Metastasis associated lung adenocarcinoma transcript 1, also known as nuclear-enriched abundant transcript 2 (NEAT2), is a highly abundant lncRNAs found on human chromosome 11, primarily located in the nucleus. It has been observed that MALAT1 interacts with the spliceosome protein complex, influencing splicing processes (42-44). However, previous investigations have produced divergent results regarding the role of MALAT1 in cancer. Some studies have shown that MALAT1 is upregulated in various cancers, promoting tumor metastasis (45). On the other hand, another group of studies has indicated that MALAT1 acts as a tumor suppressor in BC, inhibiting cell migration and metastasis. Considering these contradictory findings, further research is needed to evaluate the potential of MALAT1 as a diagnostic biomarker for BC (46, 47).

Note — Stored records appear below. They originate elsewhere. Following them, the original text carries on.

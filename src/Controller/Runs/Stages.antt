-- ===== src/Controller/Runs/Stages.antt =====
-- The stages of a run.
use vm_file_restore_operator.Base.{
  [], ◌≡◌, ◌≢◌, subst, ◌⊎◌, inl, inr, refl, sym, ◌∙◌, String, true, false, List, ◌∷◌,
}
use vm_file_restore_operator.Types.{
  Status, RestorePhase, hotplugging, waiting_for_attachment, ssh_connecting, restoring, cleanup,
  succeeded,
}
use vm_file_restore_operator.Api.{Api}
use vm_file_restore_operator.Server.{IsServer}
use vm_file_restore_operator.Controller.Graph.{◌⟶◌, plug, attach, connect, copy, finish}
use vm_file_restore_operator.Controller.Steps.{is_initial}
use vm_file_restore_operator.Controller.Runs.{Runs, here, after, Visits, rest, visit}
use vm_file_restore_operator.Controller.Runs.Order.{Step-Moves}

to_succeeded : (p : RestorePhase) → p ⟶ succeeded → p ≡ cleanup
to_succeeded _ finish = refl

to_cleanup : (p : RestorePhase) → p ⟶ cleanup → p ≡ restoring
to_cleanup _ copy = refl

to_restoring : (p : RestorePhase) → p ⟶ restoring → p ≡ ssh_connecting
to_restoring _ connect = refl

to_ssh_connecting : (p : RestorePhase) → p ⟶ ssh_connecting → p ≡ waiting_for_attachment
to_ssh_connecting _ attach = refl

to_waiting : (p : RestorePhase) → p ⟶ waiting_for_attachment → p ≡ hotplugging
to_waiting _ plug = refl

initial-≢ : (p q : RestorePhase) → is_initial p ≡ true → is_initial q ≡ false → p ≢ q
initial-≢ p q h k e = cc

module _ (api : Api) (stored : api.World → Status) (server : IsServer api stored)
    (namespace : String) where
  open api use {World}

  -- A phase with one way in is entered from there.
  entered :
      (p q : RestorePhase)
      → ((r : RestorePhase) → r ⟶ q → r ≡ p)
      → (w w' : World) → Runs api stored namespace w w'
      → (stored w').phase ≡ q
      → ((stored w).phase ≡ q)
        ⊎ ((m : World) × Runs api stored namespace w m
            × ((stored m).phase ≡ p)
            × Runs api stored namespace m w')
  entered p q only _ _ (here w) e = inl e
  entered p q only w w' (after {m = m} s r) e = elim (entered p q only m w' r e) [
    | inr (m', before, at, onward) ↦ inr (m', after s before, at, onward)
    | inl there ↦ elim (Step-Moves api stored server namespace w m s) [
      | inl same ↦ inl (sym same ∙ there)
      | inr edge ↦ inr (w, here w, only _ (subst (λ x. (stored w).phase ⟶ x) there edge), after s r)
    ]
  ]

  -- A run from a new object that visits `q` first visits `p` before.
  Visits-before :
      (p q : RestorePhase) (ps : List RestorePhase)
      → ((r : RestorePhase) → r ⟶ q → r ≡ p)
      → is_initial q ≡ false
      → (w w' : World) → is_initial (stored w).phase ≡ true
      → Visits api stored namespace (q ∷ ps) w w'
      → Visits api stored namespace (p ∷ q ∷ ps) w w'
  Visits-before p q ps only late w w' start (visit {m = m} r e v) =
      elim (entered p q only w m r e) [
        | inl already ↦ absurd (initial-≢ _ q start late already)
        | inr (m', before, at, onward) ↦ visit before at (visit onward e v)
      ]

  -- With a server that keeps `IsServer`, a restore that starts in the empty phase or in `New` and
  -- ends in `Succeeded`, by reconciliations each of which reads the status as it is stored, has come through `Hotplugging`, `WaitingForAttachment`, `SSHConnecting`, `Restoring` and `Cleanup`, in this
  -- order.
  pub Runs-succeeded :
      (w w' : World)
      → Runs api stored namespace w w'
      → is_initial (stored w).phase ≡ true
      → (stored w').phase ≡ succeeded
      → Visits api stored namespace
          (hotplugging ∷ waiting_for_attachment ∷ ssh_connecting ∷ restoring ∷ cleanup ∷ succeeded
            ∷ [])
          w
          w'
  Runs-succeeded w w' r start e = Visits-before _ _ _ to_waiting refl w w' start (
      Visits-before _ _ _ to_ssh_connecting refl w w' start (
        Visits-before _ _ _ to_restoring refl w w' start (
          Visits-before _ _ _ to_cleanup refl w w' start
            (Visits-before _ _ _ to_succeeded refl w w' start (visit r e (rest (here w')))))))
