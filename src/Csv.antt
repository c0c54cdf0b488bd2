-- ===== src/Csv.antt =====
-- pkg/resources/operator/csv.go: the ClusterServiceVersion with which OLM installs the operator.
pub mod Rules
pub mod Manifest
pub mod Required
pub mod Access
pub mod Generator
use vm_file_restore_operator.Base.{ℕ, String, Bool, List, [], ◌∷◌}

pub record ClusterServiceVersionData : Type 0 where
  pub csv_version : String
  pub replaces_csv_version : String
  pub namespace : String
  pub image_pull_policy : String
  pub icon_base64 : String
  pub verbosity : String
  pub operator_version : String
  pub operator_image : String

-- `rbacv1.PolicyRule`
pub record PolicyRule : Type 0 where
  pub api_groups : List String
  pub resources : List String
  pub verbs : List String

pub record Permissions : Type 0 where
  pub service_account_name : String
  pub rules : List PolicyRule

-- An environment variable: a value, or a field of the pod.
pub data EnvVar : Type 0 where
  from_value : String → String → EnvVar
  from_field : String → String → EnvVar

pub record Probe : Type 0 where
  pub path : String
  pub port : ℕ
  pub initial_delay_seconds : ℕ
  pub period_seconds : ℕ

pub record Container : Type 0 where
  pub name : String
  pub image : String
  pub image_pull_policy : String
  pub command : List String
  pub args : List String
  pub env : List EnvVar
  pub requests : List (String × String)
  pub allow_privilege_escalation : Bool
  pub drop_capabilities : List String
  pub termination_message_policy : String
  pub liveness_probe : Probe
  pub readiness_probe : Probe

pub record Deployment : Type 0 where
  pub name : String
  pub replicas : ℕ
  pub selector : List (String × String)
  pub labels : List (String × String)
  pub service_account_name : String
  pub run_as_non_root : Bool
  pub seccomp_profile : String
  pub containers : List Container

pub record CrdDescription : Type 0 where
  pub name : String
  pub version : String
  pub kind : String
  pub display_name : String
  pub description : String

pub record InstallMode : Type 0 where
  pub type : String
  pub supported : Bool

pub record ClusterServiceVersion : Type 0 where
  pub kind : String
  pub api_version : String
  pub name : String
  pub namespace : String
  pub annotations : List (String × String)
  pub display_name : String
  pub description : String
  pub maturity : String
  pub maintainers : List (String × String)
  pub provider : String
  pub links : List (String × String)
  pub keywords : List String
  pub icon : List (String × String)
  pub install_modes : List InstallMode
  pub strategy_name : String
  pub deployments : List Deployment
  pub permissions : List Permissions
  pub cluster_permissions : List Permissions
  pub owned : List CrdDescription
  pub replaces : String
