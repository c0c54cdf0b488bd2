-- ===== src/Csv/Rules.antt =====
-- The rules in the ClusterServiceVersion.
use vm_file_restore_operator.Base.{String, List, [], ◌∷◌}
use vm_file_restore_operator.Csv.{PolicyRule, Permissions}

abbrev pub service_account : String
service_account = "vm-file-restore-operator-controller-manager"

abbrev pub rule : String → String → List String → PolicyRule
rule group resource verbs = record {
  api_groups = group ∷ [];
  resources = resource ∷ [];
  verbs = verbs;
}

-- `Permissions`, for the namespace of the operator.
abbrev pub permissions : Permissions
permissions = record {
  service_account_name = service_account;
  rules =
      rule "" "configmaps"
        ("get" ∷ "list" ∷ "watch" ∷ "create" ∷ "update" ∷ "patch" ∷ "delete" ∷ [])
      ∷ rule "" "secrets" ("create" ∷ "get" ∷ "list" ∷ "watch" ∷ [])
      ∷ rule "coordination.k8s.io" "leases"
          ("get" ∷ "list" ∷ "watch" ∷ "create" ∷ "update" ∷ "patch" ∷ "delete" ∷ [])
      ∷ rule "" "events" ("create" ∷ "patch" ∷ [])
      ∷ [];
}

-- `ClusterPermissions`, for every namespace.
abbrev pub cluster_permissions : Permissions
cluster_permissions = record {
  service_account_name = service_account;
  rules =
      rule "filerestore.kubevirt.io" "filerestoreoperators"
        ("get" ∷ "list" ∷ "watch" ∷ "create" ∷ "update" ∷ "patch" ∷ "delete" ∷ [])
      ∷ rule "filerestore.kubevirt.io" "filerestoreoperators/status"
          ("get" ∷ "update" ∷ "patch" ∷ [])
      ∷ rule "filerestore.kubevirt.io" "filerestoreoperators/finalizers" ("update" ∷ [])
      ∷ rule "filerestore.kubevirt.io" "virtualmachinefilerestores"
          ("get" ∷ "list" ∷ "watch" ∷ "create" ∷ "update" ∷ "patch" ∷ "delete" ∷ [])
      ∷ rule "filerestore.kubevirt.io" "virtualmachinefilerestores/status"
          ("get" ∷ "update" ∷ "patch" ∷ [])
      ∷ rule "filerestore.kubevirt.io" "virtualmachinefilerestores/finalizers" ("update" ∷ [])
      ∷ rule "kubevirt.io" "virtualmachines" ("get" ∷ "list" ∷ "watch" ∷ "patch" ∷ "update" ∷ [])
      ∷ rule "kubevirt.io" "virtualmachineinstances" ("get" ∷ "list" ∷ "watch" ∷ [])
      ∷ rule "cdi.kubevirt.io" "datavolumes" ("create" ∷ "delete" ∷ "get" ∷ "list" ∷ [])
      ∷ rule "snapshot.storage.k8s.io" "volumesnapshots" ("get" ∷ "list" ∷ "watch" ∷ [])
      ∷ rule "" "persistentvolumeclaims" ("get" ∷ "list" ∷ "watch" ∷ "create" ∷ "delete" ∷ [])
      ∷ rule "" "pods" ("get" ∷ "list" ∷ "watch" ∷ "create" ∷ "delete" ∷ [])
      ∷ rule "" "pods/exec" ("create" ∷ [])
      ∷ [];
}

Breast cancer at advanced stages, particularly stage IV, is often accompanied by metastasis, where cancer spreads to distant organs. In contrast, at earlier stages (I and II), the cancer primarily affects the breast tissue and neighboring areas. Accurate staging of the disease is crucial for effective disease management. Identifying genes that act as prognostic markers for each stage can greatly assist in patient care (48). In this study, it was observed that the expression levels of all three genes were elevated in the metastatic group compared to patients at other stages, suggesting their potential as promising metastasis markers. However, due to the limited sample size in this experiment, further investigations are needed to determine their prognostic value. Conducting larger-scale studies is essential to thoroughly investigate their potential as prognostic markers for BC.
5.1. Conclusions
Previous studies have established the significance of certain lncRNAs in BC progression. In the present investigation, the overexpression of the FOXA1 gene and lncRNAs RMRP and NEAT1 was observed in BC tumors with high-grade dysplasia and metastasis, as demonstrated in laboratory experiments. These findings suggest that the FOXA1, RMRP, and NEAT1 genes may serve as potential biomarkers for detecting BC progression. However, further research is required to validate this concept and determine the clinical utility of these genes as biomarkers for BC detection and monitoring.